A segunda parte dessa Admoestação retoma o tema da correção, analisado e refletido na Admoestação anterior. Diz Francisco: Bem-aventurado o servo que permanece sempre sob a vara da correção.


Acerca do significado da correção e de suas diversas formas Francisco já falou na Admoestação anterior. A novidade, aqui, está nesta palavrinha sempre. Com esse advérbio revela a importância e a necessidade que ele dava a esse exercício. Sempre significa sem interrupção, sem tréguas, em todas as questões e circunstâncias. No fundo, está o espírito de fidelidade à graça do seguimento de Cristo que nunca, em hipótese nenhuma, deve ser esquecido ou abandonado.


Fidelidade indica o vigor de quem, a modo de mãe ou esposa, de pai ou esposo, é levado a entregar-se de corpo e alma, gratuita e generosamente, sempre de novo, sem porquê e nem para quê, àquele ou àquilo que se tornou o tesouro de sua vida, tentando descobrir, sempre de novo e melhor, suas reais necessidades a fim de bem servi-lo.

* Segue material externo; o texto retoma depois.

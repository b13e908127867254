-- ===== src/System.antt =====
-- crates/core/src/lib.rs, crates/core/src/engine.rs and crates/core/src/newtype.rs: the limits of the
-- machine, the throttle that the engine takes from them, and the conversions of throttles.
pub mod Quotas
pub mod Runtime
use percas.Base.{
  ℕ, ◌+◌, ◌-◌, ◌*◌, ◌/◌, ◌%◌, ◌^◌, max, Option, none, some, Result, ok, err, Outcome, returned,
  panicked, if◌then◌else◌, ◌==◌,
}
use percas.Config.{DiskThrottle, IopsCounter, per_io, per_io_size}

-- `std::thread::available_parallelism`, `none` where it fails.
abbrev pub num_cpus : Option ℕ → ℕ
num_cpus none = 1
num_cpus (some parallelism) = parallelism

abbrev pub reserved_memory : ℕ
reserved_memory = 128 * 1024 * 1024

-- The memory limit of the control group, if there is one, and the memory of the machine.
unfoldable pub available_memory : Option ℕ → ℕ → ℕ
available_memory none total = max (total - reserved_memory) reserved_memory
available_memory (some limit) total = max (limit - reserved_memory) reserved_memory

-- `foyer::IopsCounter` and `foyer::Throttle`: the types of the crate with their constructors.
pub data FoyerIopsCounter : Type 0 where
  foyer_per_io : FoyerIopsCounter
  foyer_per_io_size : ℕ → FoyerIopsCounter

pub record Throttle : Type 0 where
  pub write_iops : Option ℕ
  pub read_iops : Option ℕ
  pub write_throughput : Option ℕ
  pub read_throughput : Option ℕ
  pub iops_counter : FoyerIopsCounter

unfoldable pub to_foyer_counter : IopsCounter → FoyerIopsCounter
to_foyer_counter per_io = foyer_per_io
to_foyer_counter (per_io_size size) = foyer_per_io_size size

unfoldable pub from_foyer_counter : FoyerIopsCounter → IopsCounter
from_foyer_counter foyer_per_io = per_io
from_foyer_counter (foyer_per_io_size size) = per_io_size size

unfoldable pub to_foyer : DiskThrottle → Throttle
unfolding to_foyer_counter
to_foyer value = record {
  write_iops = value.write_iops;
  read_iops = value.read_iops;
  write_throughput = value.write_throughput;
  read_throughput = value.read_throughput;
  iops_counter = to_foyer_counter value.iops_counter;
}

unfoldable pub from_foyer : Throttle → DiskThrottle
unfolding from_foyer_counter
from_foyer value = record {
  write_iops = value.write_iops;
  read_iops = value.read_iops;
  write_throughput = value.write_throughput;
  read_throughput = value.read_throughput;
  iops_counter = from_foyer_counter value.iops_counter;
}

-- `quota.try_into().unwrap()` into a `NonZeroUsize`.
abbrev pub nonzero : ℕ → Outcome (Option ℕ)
nonzero n = if n == 0 then panicked else returned (some n)

abbrev and_nonzero : ℕ → (Option ℕ → Outcome Throttle) → Outcome Throttle
and_nonzero n f = elim (nonzero n) [ panicked ↦ panicked | returned q ↦ f q ]

-- The throttle that `try_new` uses: the configured one, or one made for the number of CPUs in usize
-- arithmetic.
unfoldable pub throttle : Option DiskThrottle → ℕ → Outcome Throttle
unfolding to_foyer
throttle (some configured) cpus = returned (to_foyer configured)
throttle none cpus =
    let throughput = 187_500_000 * cpus % 2 ^ 64 in
    let write_throughput_quota = throughput / 4 in
    let read_throughput_quota = throughput - write_throughput_quota in
    let iops = 10_000 * cpus % 2 ^ 64 in
    let write_iops_quota = iops / 4 in
    let read_iops_quota = iops - write_iops_quota in
    and_nonzero write_iops_quota (λ w. and_nonzero read_iops_quota (λ r.
      and_nonzero write_throughput_quota (λ x. and_nonzero read_throughput_quota (λ y.
        returned (record {
          write_iops = w;
          read_iops = r;
          write_throughput = x;
          read_throughput = y;
          iops_counter = foyer_per_io;
        })))))
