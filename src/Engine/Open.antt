-- ===== src/Engine/Open.antt =====
-- crates/core/src/engine.rs: `FoyerEngine::try_new`. The builders of the crate `foyer` are parameters.
use percas.Base.{
  ℕ, ◌*◌, max, Option, Bool, if◌then◌else◌, Result, ok, err, Outcome, returned, panicked,
}
use percas.Text.{FilePath}
use percas.Config.{DiskThrottle}
use percas.System.{Throttle, throttle}

-- The settings of the device and of the cache on it.
pub record Device : Type 0 where
  pub data_dir : FilePath
  pub capacity : ℕ
  pub throttle : Throttle

pub record HybridCacheSettings : Type 0 where
  pub memory : ℕ
  pub shards : ℕ
  pub device : Device
  pub recover_concurrency : ℕ
  pub block_size : ℕ
  pub flushers : ℕ

-- Whether a directory exists after `create_dir_all`, whether the crate builds the device and the cache, and
-- the half of a number by way of f64.
pub record FoyerBuilder : Type 0 where
  pub exists_created : FilePath → Bool
  pub builds_device : Device → Bool
  pub builds_cache : HybridCacheSettings → Bool
  pub half : ℕ → ℕ

pub data EngineError : Type 0 where
  no_data_dir no_device no_cache : EngineError

pub record FoyerEngine : Type 0 where
  pub inner : HybridCacheSettings
  pub capacity : ℕ

abbrev pub default_block_size : ℕ
default_block_size = 64 * 1024 * 1024

abbrev pub default_flushers : ℕ
default_flushers = 4

module _ ⦃f : FoyerBuilder⦄ where
  abbrev pub settings : Device → ℕ → ℕ → HybridCacheSettings
  settings device memory_capacity parallelism = record {
    memory = f.half memory_capacity;
    shards = max parallelism 32;
    device = device;
    recover_concurrency = parallelism;
    block_size = default_block_size;
    flushers = default_flushers;
  }

  abbrev pub with_throttle :
      FilePath → ℕ → ℕ → ℕ → Outcome Throttle → Outcome (Result FoyerEngine EngineError)
  with_throttle data_dir memory_capacity disk_capacity parallelism panicked = panicked
  with_throttle data_dir memory_capacity disk_capacity parallelism (returned quota) =
      let device : Device = record {
        data_dir = data_dir;
        capacity = disk_capacity;
        throttle = quota;
      } in
      let inner = settings device memory_capacity parallelism in
      returned (
        if f.builds_device device
        then if f.builds_cache inner
          then ok (record { inner = inner; capacity = disk_capacity })
          else err no_cache
        else err no_device)

  unfoldable pub try_new :
      FilePath → ℕ → ℕ → Option DiskThrottle → ℕ → Outcome (Result FoyerEngine EngineError)
  unfolding throttle
  try_new data_dir memory_capacity disk_capacity disk_throttle parallelism =
      if f.exists_created data_dir
      then with_throttle data_dir memory_capacity disk_capacity parallelism
          (throttle disk_throttle parallelism)
      else returned (err no_data_dir)
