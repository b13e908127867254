-- ===== src/Server/Listen.antt =====
-- crates/server/src/server.rs: `make_acceptor_and_advertise_url`, and the process that a start changes. The
-- network of the machine is a parameter.
pub mod Address
use percas.Base.{
  ℕ, List, [], ◌∷◌, Option, none, some, Bool, true, false, ◌&&◌, ◌==◌, if◌then◌else◌, Result, ok,
  err, returned,
}
use percas.Text.{Url}
use percas.Config.{SocketAddr}
use percas.FileSystem.{FileSystem}
use percas.Exec.{Call, ◌>>=◌, pure, unless_err}

-- `poem::listener::TcpAcceptor`, by its first local address; `none` where that is no socket address.
pub record TcpAcceptor : Type 0 where
  pub local_addr : Option SocketAddr

-- What a node runs: the two HTTP servers, the loops of the gossip and the report of the metrics.
pub data Service : Type 0 where
  gossip_server ping_task anti_entropy_task rebuild_ring_task remove_dead_members_task : Service
  data_server report_metrics : Service

-- What a start has done so far, the last first: the listeners bound, the services spawned, whether the
-- handler of ctrl-c is set; and of a shutdown, the services that were told to stop and those waited for.
pub record Process : Type 0 where
  pub files : FileSystem
  pub bound : List TcpAcceptor
  pub spawned : List Service
  pub handler : Bool
  pub stopped : List Service
  pub joined : List Service

-- `TcpListener::bind` given the listeners that are bound already, `local_ip_address::local_ip`, and
-- `Url::parse` of `http://` and an address; `none` is an error.
pub record Network : Type 0 where
  pub bind : List TcpAcceptor → SocketAddr → Option TcpAcceptor
  pub local_ip : Option (List ℕ)
  pub parse_http : SocketAddr → Option Url

-- The errors of `make_acceptor_and_advertise_url`.
pub data ListenError : Type 0 where
  not_bound addr_not_available no_local_ip invalid_input : ListenError

-- `IpAddr::is_unspecified`.
unfoldable pub is_unspecified : List ℕ → Bool
is_unspecified [] = true
is_unspecified (octet ∷ rest) = (octet == 0) && is_unspecified rest

module _ ⦃n : Network⦄ where
  unfoldable pub bind : SocketAddr → Call Process (Result TcpAcceptor ListenError)
  bind addr s = elim (n.bind s.bound addr) [
    | none ↦ (s, returned (err not_bound))
    | some acceptor ↦ (record s { bound = acceptor ∷ s.bound }, returned (ok acceptor))
  ]

  abbrev pub at_local : ℕ → Option (List ℕ) → Result SocketAddr ListenError
  at_local port none = err no_local_ip
  at_local port (some ip) = ok (record { octets = ip; port = port })

  -- The address to advertise for a listener at an address.
  unfoldable pub advertise_addr : SocketAddr → Option SocketAddr → Result SocketAddr ListenError
  unfolding is_unspecified
  advertise_addr listen_addr (some addr) = ok addr
  advertise_addr listen_addr none =
      if is_unspecified listen_addr.octets
      then at_local listen_addr.port n.local_ip
      else ok listen_addr

  abbrev pub with_url : TcpAcceptor → Option Url → Result (TcpAcceptor × Url) ListenError
  with_url acceptor none = err invalid_input
  with_url acceptor (some url) = ok (acceptor, url)

  abbrev pub at_addr :
      TcpAcceptor → Result SocketAddr ListenError → Result (TcpAcceptor × Url) ListenError
  at_addr acceptor (err e) = err e
  at_addr acceptor (ok addr) = with_url acceptor (n.parse_http addr)

  abbrev pub advertised :
      Option SocketAddr → TcpAcceptor → Option SocketAddr → Result (TcpAcceptor × Url) ListenError
  advertised advertise acceptor none = err addr_not_available
  advertised advertise acceptor (some listen_addr) =
      at_addr acceptor (advertise_addr listen_addr advertise)

  unfoldable pub make_acceptor_and_advertise_url :
      SocketAddr → Option SocketAddr → Call Process (Result (TcpAcceptor × Url) ListenError)
  unfolding bind advertise_addr
  make_acceptor_and_advertise_url listen_addr advertise =
      bind listen_addr
      >>= unless_err (λ acceptor. pure (advertised advertise acceptor acceptor.local_addr))
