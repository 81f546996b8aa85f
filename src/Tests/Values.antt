-- ===== src/Tests/Values.antt =====
-- Examples of flags, signals, names and what they stand for.
use libmacro.Error.{ok}
use libmacro.Text.{Text}
use libmacro.ListView.{ListView}
use libmacro.ListView.Printing.{print, print-joined}
use libmacro.Serial.Impl.{apply_of, apply_name}
use libmacro.Serial.Ranges.{apply_values, apply_type_count, values_named}
use libmacro.Prelude.{
  ℕ, ◌+◌, ◌≤◌, ◌<◌, ◌≡◌, ◌↔◌, refl, max, none, some, true, [], ◌∷◌, ◌==◌, if◌then◌else◌, arith,
}
use libmacro.Prelude.Int.{pos}
use libmacro.Word.{bit, IsWord, Disjoint}
use libmacro.Types.{any_mode, mode_value, toggle, set, apply_value}
use libmacro.Flags.{flags_combine, flags_has, flags_add, flags_remove, trigger_mode_match}
use libmacro.Flags.Combine.{flags_combine_union}
use libmacro.Flags.Sets.{flags_has-add-remove}
use libmacro.Flags.Matching.{Matches, trigger_mode_match-Matches}
use libmacro.Signals.Modifier.{Effect, modifier_of, send-Effect}
use libmacro.Signals.Modifier
use libmacro.Signals.NoOp.{NoOp}
use libmacro.Text.{text, lower, ci_equal, same_ci}
use libmacro.Text.Laws.{ci_equal_iff}
use libmacro.Assoc.{lookup}
use libmacro.Serial.Tables.{invalid, switch_name}
use libmacro.Serial.Impl.{
  create_serial, key_press, key_press_name, modifiers, modifiers_name, trigger_mode,
  trigger_mode_name, shift_count, modifiers_count, trigger_mode_count,
}
use libmacro.Serial.RoundTrip.{
  modifiers-modifiers_name, trigger_mode-trigger_mode_name, key_press-key_press_name,
}

abbrev some_flags : ℕ → ℕ
some_flags j = if j == 0 then 5 else 2

three_combined :
    IsWord (flags_combine (some some_flags) 2)
    × ((bit (flags_combine (some some_flags) 2) 1 ≡ 1)
        ↔ ((j : ℕ) × (j < 2) × (bit (some_flags j) 1 ≡ 1)))
three_combined = flags_combine_union some_flags 2 1 (λ e. omega arith) (λ j lt. ground arith)

three_added :
    ((flags_has (flags_add 5 2) 3 ≡ true) ↔ ((i : ℕ) → bit 3 i ≤ max (bit 5 i) (bit 2 i)))
    × ((flags_has (flags_remove 5 2) 3 ≡ true) ↔ ((flags_has 5 3 ≡ true) × Disjoint 3 2))
three_added = flags_has-add-remove 5 3 2 (omega arith) (omega arith) (omega arith)

trigger_mode_match-Matches_example :
    (trigger_mode_match (mode_value any_mode) 5 4 ≡ true) ↔ Matches any_mode 5 4
trigger_mode_match-Matches_example =
    trigger_mode_match-Matches any_mode 5 4 (omega arith) (omega arith)

flag_toggled : Effect toggle 1 7 (Modifier.send (modifier_of toggle 1) 7)
flag_toggled = send-Effect toggle 1 7 (omega arith) (omega arith)

abbrev long_wait : NoOp
long_wait = record { seconds = pos 2; milliseconds = pos 30 }

same_names :
    ((ci_equal (some (text "Ctrl")) (some (text "CTRL")) ≡ true)
      ↔ (lower (text "Ctrl") ≡ lower (text "CTRL")))
    × (ci_equal (some (text "Ctrl")) (some (text "CTRL")) ≡ same_ci (text "Ctrl") (text "CTRL"))
same_names =
    ci_equal_iff (text "Ctrl") (text "CTRL")
      (omega arith, (omega arith, (omega arith, (omega arith, tt))))
      (omega arith, (omega arith, (omega arith, (omega arith, tt))))

modifiers-modifiers_name_example : modifiers create_serial (some (text "ALT")) ≡ 1
unfolding lookup switch_name modifiers_name ci_equal
modifiers-modifiers_name_example =
    modifiers-modifiers_name create_serial 1 (text "Alt") (text "ALT") refl refl refl
      (omega arith, (omega arith, (omega arith, tt))) refl

trigger_mode-trigger_mode_name_example : trigger_mode create_serial (some (text "all")) ≡ 1
unfolding lookup switch_name trigger_mode_name ci_equal
trigger_mode-trigger_mode_name_example =
    trigger_mode-trigger_mode_name create_serial 1 (text "All") (text "all") refl refl refl
      (omega arith, (omega arith, (omega arith, tt))) refl

press_read_back : key_press (some (text "Press")) ≡ invalid
press_read_back =
    key_press-key_press_name (apply_value set) (text "Press") (unfold key_press_name in refl)

-- The two counts that the program offers
modifiers_count-value : modifiers_count ≡ some 17
unfolding modifiers_count shift_count
modifiers_count-value = refl

trigger_mode_count-value : trigger_mode_count ≡ some 2
unfolding trigger_mode_count shift_count
trigger_mode_count-value = refl

values_named_example :
    ((3 < apply_type_count)
      × ((apply_of (some (text "toggle")) == 3)
          ≡ ci_equal (some (text "Toggle")) (some (text "toggle"))))
    × (apply_of none ≡ invalid)
unfolding apply_name switch_name
values_named_example =
    values_named apply_values create_serial 3 (text "toggle")
      (omega arith, (omega arith, (omega arith, (omega arith, (omega arith, (omega arith, tt))))))
      tt

abbrev three_numbers : ListView
three_numbers = record { array = 9; size = 3 }

-- A number below ten is printed as its digit.
abbrev digit : ℕ → Text
digit n = (b'0' + n) ∷ []

three_printed : print (λ p. p.1) digit 4 three_numbers ≡ ok (text "[ 0, 1, 2 ]")
three_printed = print-joined (λ p. p.1) digit three_numbers 4 (omega arith)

“Sempre” indica, da mesma forma, a prudência, isto é, a virtude que nos leva a conhecer e a praticar o verdadeiro bem de nossa vocação e missão e a buscar os meios adequados para bem realizá-lo; indica, também, a prontidão com que o servo de Deus procura sua auto correção. Essa dinâmica ou espírito do “sempre” aparece  com mais clareza na frase seguinte: Servo fiel e prudente é aquele que, em todas as suas ofensas não tarda em punir-se (2).


Tudo isso nos leva a pensar naquelas virgens do Evangelho que, sem pressa, mas com toda a presteza, andavam com as vasilhas dos seus corações sempre repletas com o óleo de sua afeição primeira, podendo, assim, receber com alegria e generosidade as inesperadas e graciosas visitas do esposo.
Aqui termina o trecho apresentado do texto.